Yesterday, the United States Supreme Court ruled that, under federal law, employees only have to be paid for time spent working or on activities necessary to perform their jobs – even if their employers require them to be there longer. In Integrity Staffing Solutions, Inc. v. Busk, employees of a contractor for Amazon.com were not paid for time spent, after the ends of their shifts, waiting for an anti-theft security screening. Although the employees claimed that the employer could have eliminated the wait time by using more metal detectors or staggering shifts, it did not do so, and so they waited as much as 25 minutes every day without pay.
The Fair Labor Standards Act (FLSA) sets a national minimum wage and provides that employers, with some exceptions, must pay time-and-a-half for overtime (more than 40 hours per work week). In general, a work week includes all the time that an employee is required to be at the office or work location. However, a 1947 law called the Portal-to-Portal Act carved out exceptions to this principle. At issue in the Busk case is an exception for activities “preliminary to or postliminary to” an employee’s “principal activity or activities.” The “principal activity” is whatever the employee is hired to do – so in the Busk case, the “principal activity” is finding items in a warehouse and shipping them to Amazon customers. The “principal activity” also includes activities that are necessary to perform the job safely (putting on a protective suit in a chemical factory) or effectively (sharpening a knife in a butcher shop).
Justice Thomas, writing for a unanimous Court in Busk, held that the security screening was not necessary for the employees’ jobs: “Integrity Staffing did not employ its workers to undergo security screenings.” Even though the screenings were a job requirement, the Court ruled that they were the type of activity Congress had exempted in the Portal-to-Portal Act.
This decision embodies the limitations of federal laws protecting workers in this area. Many such laws date back to the New Deal era and have been sporadically updated since. The Portal-to-Portal Act itself was passed, as Justice Thomas notes, in a backlash after the Supreme Court interpreted the FLSA broadly in the 1940’s. Specifically, the Court had required overtime for the time spent walking from a time clock to a work bench and from a mine entrance to an underground work area, leading unions and employees to file lawsuits seeking billions of dollars in overtime. Congress responded, within months and on an “emergency” basis, by narrowing the protections for employees.
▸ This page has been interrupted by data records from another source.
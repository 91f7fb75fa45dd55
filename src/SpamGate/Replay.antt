-- ===== src/SpamGate/Replay.antt =====
-- The replay guard against its specification (src/spam_gate.rs, `ReplayGuard`).
use mostro.Prelude.{
  String, ◌≡◌, refl, ◌∙◌, ap, true, Bool-cases, Option, none, some, is_some, List, [], ◌∷◌, arith,
  inl, inr, if◌then◌else◌,
}
use mostro.Prelude.Int.{ℤ, leb_ℤ}
use mostro.Prelude.Equality.{string_eq}
use mostro.Prelude.Map.{
  Distinct, retained, lookup, retain, lookup-insert, lookup-retain, insert-Distinct,
  retain-Distinct,
}
use mostro.SpamGate.{ReplayGuard, new_guard, cutoff, check_and_record}

-- A call: the event and the clock. Histories are newest first.
abbrev pub Sighting : Type 0
Sighting = String × ℤ

unfoldable pub watched : ℤ → List Sighting → ReplayGuard
watched window [] = new_guard window
watched window ((id, now) ∷ older) = (check_and_record (watched window older) id now).1

-- When the event was last seen, whether or not that is within the window.
unfoldable pub last_seen : String → List Sighting → Option ℤ
last_seen id [] = none
last_seen id ((key, now) ∷ older) = if string_eq.beq id key then some now else last_seen id older

abbrev pub since : ℤ → Option ℤ → Option ℤ
since c none = none
since c (some t) = if leb_ℤ c t then some t else none

-- The clock less the window does not go back, up to `c`.
abbrev pub InOrder : ℤ → ℤ → List Sighting → Type 0
InOrder window c [] = Unit
InOrder window c ((id, now) ∷ older) =
    (leb_ℤ (cutoff window now) c ≡ true) × InOrder window (cutoff window now) older

leb_trans : (a b c : ℤ) → leb_ℤ a b ≡ true → leb_ℤ b c ≡ true → leb_ℤ a c ≡ true
leb_trans a b c h k = ground arith

since_twice : (c d : ℤ) (o : Option ℤ) → leb_ℤ c d ≡ true → since d (since c o) ≡ since d o
since_twice c d none h = refl
since_twice c d (some t) h = elim (Bool-cases (leb_ℤ c t)) [
  | inl recent ↦ rw recent refl
  | inr old ↦ elim (Bool-cases (leb_ℤ d t)) [
    | inl newer ↦ absurd (ground (arith, leb_trans c d t h newer))
    | inr older ↦ rw (old, older) refl
  ]
]

retained-since :
    (c : ℤ) (id : String) (o : Option ℤ) → retained (λ (_ : String) t. leb_ℤ c t) id o ≡ since c o
retained-since c id none = refl
retained-since c id (some t) = refl

module _ (window : ℤ) where
  watched-window : (h : List Sighting) → (watched window h).window_secs ≡ window
  unfolding watched check_and_record
  watched-window [] = refl
  watched-window ((id, now) ∷ older) = watched-window older

  watched-Distinct : (h : List Sighting) → Distinct (watched window h).seen
  unfolding watched check_and_record
  watched-Distinct [] = tt
  watched-Distinct ((id, now) ∷ older) =
      insert-Distinct id now _ (retain-Distinct _ _ (watched-Distinct older))

  -- What is left of the entry of an event once the old ones are pruned.
  pruned-entry :
      (id : String) (c : ℤ) (h : List Sighting)
      → lookup id (retain (λ _ t. leb_ℤ c t) (watched window h).seen)
        ≡ since c (lookup id (watched window h).seen)
  pruned-entry id c h =
      lookup-retain (λ _ t. leb_ℤ c t) id (watched window h).seen (watched-Distinct h)
      ∙ retained-since c id (lookup id (watched window h).seen)

  later : (b c : ℤ) (h : List Sighting) → leb_ℤ b c ≡ true → InOrder window b h → InOrder window c h
  later b c [] l o = tt
  later b c ((id, now) ∷ older) l o = (leb_trans (cutoff window now) b c o.0 l, o.1)

  watched-since :
      (id : String) (c : ℤ) (h : List Sighting)
      → InOrder window c h
      → since c (lookup id (watched window h).seen) ≡ since c (last_seen id h)
  unfolding watched check_and_record last_seen
  watched-since id c [] o = unfold lookup in refl
  watched-since id c ((key, now) ∷ older) o =
      let old = cutoff window now in
      rw (lookup-insert, watched-window older)
        (elim (Bool-cases (string_eq.beq id key)) [
          | inl same ↦ rw same refl
          | inr other ↦
              rw (other, pruned-entry id old older)
                (since_twice old c (lookup id (watched window older).seen) o.0
                  ∙ watched-since id c older (later old c older o.0 o.1))
        ])

-- After any calls on a new guard, on a clock that does not go back (less the window, in 64 bits), an
-- event is reported as a replay exactly if its last sighting was at the start of the window or
-- later; pruning the guard's map never changes that answer.
pub check_and_record-replay :
    (window : ℤ) (history : List Sighting) (id : String) (now : ℤ)
    → InOrder window (cutoff window now) history
    → (check_and_record (watched window history) id now).0
      ≡ is_some (since (cutoff window now) (last_seen id history))
unfolding check_and_record
check_and_record-replay window history id now o =
    rw (watched-window window history, pruned-entry window id (cutoff window now) history)
      (ap is_some (watched-since window id (cutoff window now) history o))
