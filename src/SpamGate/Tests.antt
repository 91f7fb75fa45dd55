-- ===== src/SpamGate/Tests.antt =====
-- Runs of the gate on a short history, and an instance of its theorem.
use mostro.Prelude.{◌≡◌, refl, true, false, none, some, is_some, [], ◌∷◌, List}
use mostro.Prelude.Int.{pos, i64, ◌-ℤ◌}
use mostro.Prelude.Equality.{string_eq}
use mostro.Prelude.Map.{lookup, insert, retain}
use mostro.SpamGate.{
  SpamGate, new_gate, check_and_record, is_replay, set_known, is_known, known_count, collect,
  install_global, cutoff,
}
use mostro.SpamGate.Replay.{Sighting, watched, last_seen, since, check_and_record-replay}

abbrev gate : SpamGate
gate = set_known (new_gate (pos 60)) ("maria" ∷ "tomas" ∷ "maria" ∷ [])

known_keys : (is_known gate "maria" ≡ true) × (is_known gate "eva" ≡ false) × (known_count gate ≡ 2)
unfolding set_known is_known known_count collect lookup insert
known_keys = (refl, refl, refl)

-- A second sighting within 60 s is a replay, one after that is not.
replays :
    let g = (is_replay gate "e1" (pos 1000)).1 in
    ((is_replay g "e1" (pos 1060)).0 ≡ true) × ((is_replay g "e1" (pos 1061)).0 ≡ false)
unfolding set_known is_replay check_and_record collect lookup insert retain i64 ◌-ℤ◌
replays = (refl, refl)

-- A second installation is refused.
installs : (install_global (new_gate (pos 9)) (install_global gate none).1 ≡ (false, some gate))
installs = refl

abbrev sightings : List Sighting
sightings = ("e2", pos 1030) ∷ ("e1", pos 1000) ∷ []

check_and_record-replay_example :
    (check_and_record (watched (pos 60) sightings) "e1" (pos 1040)).0
    ≡ is_some (since (cutoff (pos 60) (pos 1040)) (last_seen "e1" sightings))
unfolding i64 ◌-ℤ◌
check_and_record-replay_example =
    check_and_record-replay (pos 60) sightings "e1" (pos 1040) (refl, (refl, tt))
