-- ===== src/Bench/Perf/Runs.antt =====
-- internal/bench/perf.go: what a run with usable options comes to.
use yet_another_memory_bank.Common.{
  ℕ, zero, suc, ◌*◌, ◌≡◌, refl, ap, ◌∙◌, String, Bool, true, false, not, is_ok, List, [], ◌∷◌, ◌++◌,
  arith, ◌==◌, blank, ltb, if◌then◌else◌, length, length-append, rows_where, All, Outcome, ok,
}
use yet_another_memory_bank.Common.Int.{ℤ, pos, pos_part, le_ℤ}
use native.Mathlib.Nat.{suc-mul}
use yet_another_memory_bank.Common.Json.{Value}
use yet_another_memory_bank.Bench.Samples.{PerfOps, PerfSample, PerfOptions, PerfResult, Sent}
use yet_another_memory_bank.Bench.Perf.{
  run_perf_endpoint, run_concurrency, run_endpoints, perf_defaults, perf_result, run_perf,
}
use yet_another_memory_bank.Bench.Summary.Counted.{total, is_answered, summarize_perf-total}
use yet_another_memory_bank.Bench.Requests.{PerfEndpoint, perf_endpoints}

-- The result is so many samples.
Sampled : ℕ → Outcome (List PerfSample) → Type 0
Sampled n o = (samples : List PerfSample) × ((o ≡ ok samples) × (length samples ≡ n))

module _ (e : PerfOps) (send : String → Value → ℕ → ℕ → Sent) (url project run_id : String) where
  length-run_perf_endpoint :
      (endpoint : PerfEndpoint) (concurrency i n : ℕ)
      → length (run_perf_endpoint e send url project run_id endpoint concurrency i n) ≡ n
  unfolding run_perf_endpoint
  length-run_perf_endpoint endpoint concurrency i zero = refl
  length-run_perf_endpoint endpoint concurrency i (suc n) =
      ap suc (length-run_perf_endpoint endpoint concurrency (suc i) n)

  run_concurrency-Sampled :
      (n : ℕ) (endpoint : PerfEndpoint) (cs : List ℤ)
      → All (λ c. le_ℤ c (pos 0) ≡ false) cs
      → Sampled (length cs * n) (run_concurrency e send url project run_id n endpoint cs)
  unfolding run_concurrency Sampled
  run_concurrency-Sampled n endpoint [] h = ([], (refl, omega arith))
  run_concurrency-Sampled n endpoint (c ∷ cs) h =
      let r = run_concurrency-Sampled n endpoint cs h.1 in
      let first = run_perf_endpoint e send url project run_id endpoint (pos_part c) 0 n in
      (
        first ++ r.0,
        (
          rw (h.0, r.1.0) refl,
          length-append first r.0
              ∙ rw
                  (length-run_perf_endpoint endpoint (pos_part c) 0 n, r.1.1, suc-mul (length cs) n)
                  (omega arith),
        ),
      )

  run_endpoints-Sampled :
      (n : ℕ) (cs : List ℤ)
      → All (λ c. le_ℤ c (pos 0) ≡ false) cs
      → (endpoints : List PerfEndpoint)
      → Sampled
          (length endpoints * (length cs * n))
          (run_endpoints e send url project run_id n cs endpoints)
  unfolding run_endpoints Sampled
  run_endpoints-Sampled n cs h [] = ([], (refl, omega arith))
  run_endpoints-Sampled n cs h (endpoint ∷ endpoints) =
      let first = run_concurrency-Sampled n endpoint cs h in
      let r = run_endpoints-Sampled n cs h endpoints in
      (
        first.0 ++ r.0,
        (
          rw (first.1.0, r.1.0) refl,
          length-append first.0 r.0
              ∙ rw (first.1.1, r.1.1, suc-mul (length endpoints) (length cs * n)) (omega arith),
        ),
      )

-- If the project is named, the groups select an endpoint, every number of workers is positive and the reports can be
-- written, the run gives a result, whatever the server answers: its summaries count as many requests as there are
-- endpoints, times the numbers of workers, times the requests for each, and as many errors as there are samples that have
-- an error, or no status between 1 and 499. If the reports cannot be written, the run fails.
pub run_perf-total :
    (e : PerfOps) (send : String → Value → ℕ → ℕ → Sent) (now : ℤ) (o : PerfOptions)
    → blank o.project ≡ false
    → (length (perf_endpoints (perf_defaults e o).groups) == 0) ≡ false
    → All (λ c. le_ℤ c (pos 0) ≡ false) (perf_defaults e o).concurrency
    → (is_ok (run_perf e send now false o) ≡ false)
      × ((r : PerfResult × Bool) × ((run_perf e send now true o ≡ ok r)
            × ((total (λ s. s.requests) r.0.summaries
                  ≡ length (perf_endpoints r.0.groups) * (length r.0.concurrency * r.0.requests))
                × (total (λ s. s.errors) r.0.summaries
                    ≡ length (rows_where (λ s. not (is_answered s)) r.0.samples)))))
unfolding run_perf perf_result Sampled
run_perf-total e send now given named selected positive =
    let o = perf_defaults e given in
    let s =
      run_endpoints-Sampled e send o.url o.project o.run_id (pos_part o.requests) o.concurrency
        positive (perf_endpoints o.groups) in
    let counts = summarize_perf-total e s.0 in
    let result = perf_result e now o s.0 in
    (
      rw (named, selected, s.1.0) refl,
      (
        (result, (if o.fail_on_budget then ltb 0 (length result.budget_misses) else false)),
        (rw (named, selected, s.1.0) refl, (counts.0 ∙ s.1.1, counts.1)),
      ),
    )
As the law stands, the employer can set requirements that are unrelated to an employee’s real job without paying overtime for the time and inconvenience. It is understandable why a company running a warehouse would want to institute checks to prevent theft. But an employee’s time off the clock should be their own, and not spent waiting around at work. Under federal law, such an employee has little recourse. Justice Thomas states that such issues may be “properly presented to the employer at the bargaining table… not to a court in an FLSA claim,” and not one Justice disagrees.
However, states can and do create protections for workers that are broader and more generous than those set by federal law. In Massachusetts, applicable regulations define “working time” as including “all time during which an employee is required to be on the employer’s premises… or to be at the prescribed work site….” And Massachusetts has no corollary to the Portal-to-Portal Act. Therefore, if the facts in the Busk case took place in Massachusetts, it is likely that the employer would be required under state law to pay the employees for the time spent waiting to leave the warehouses.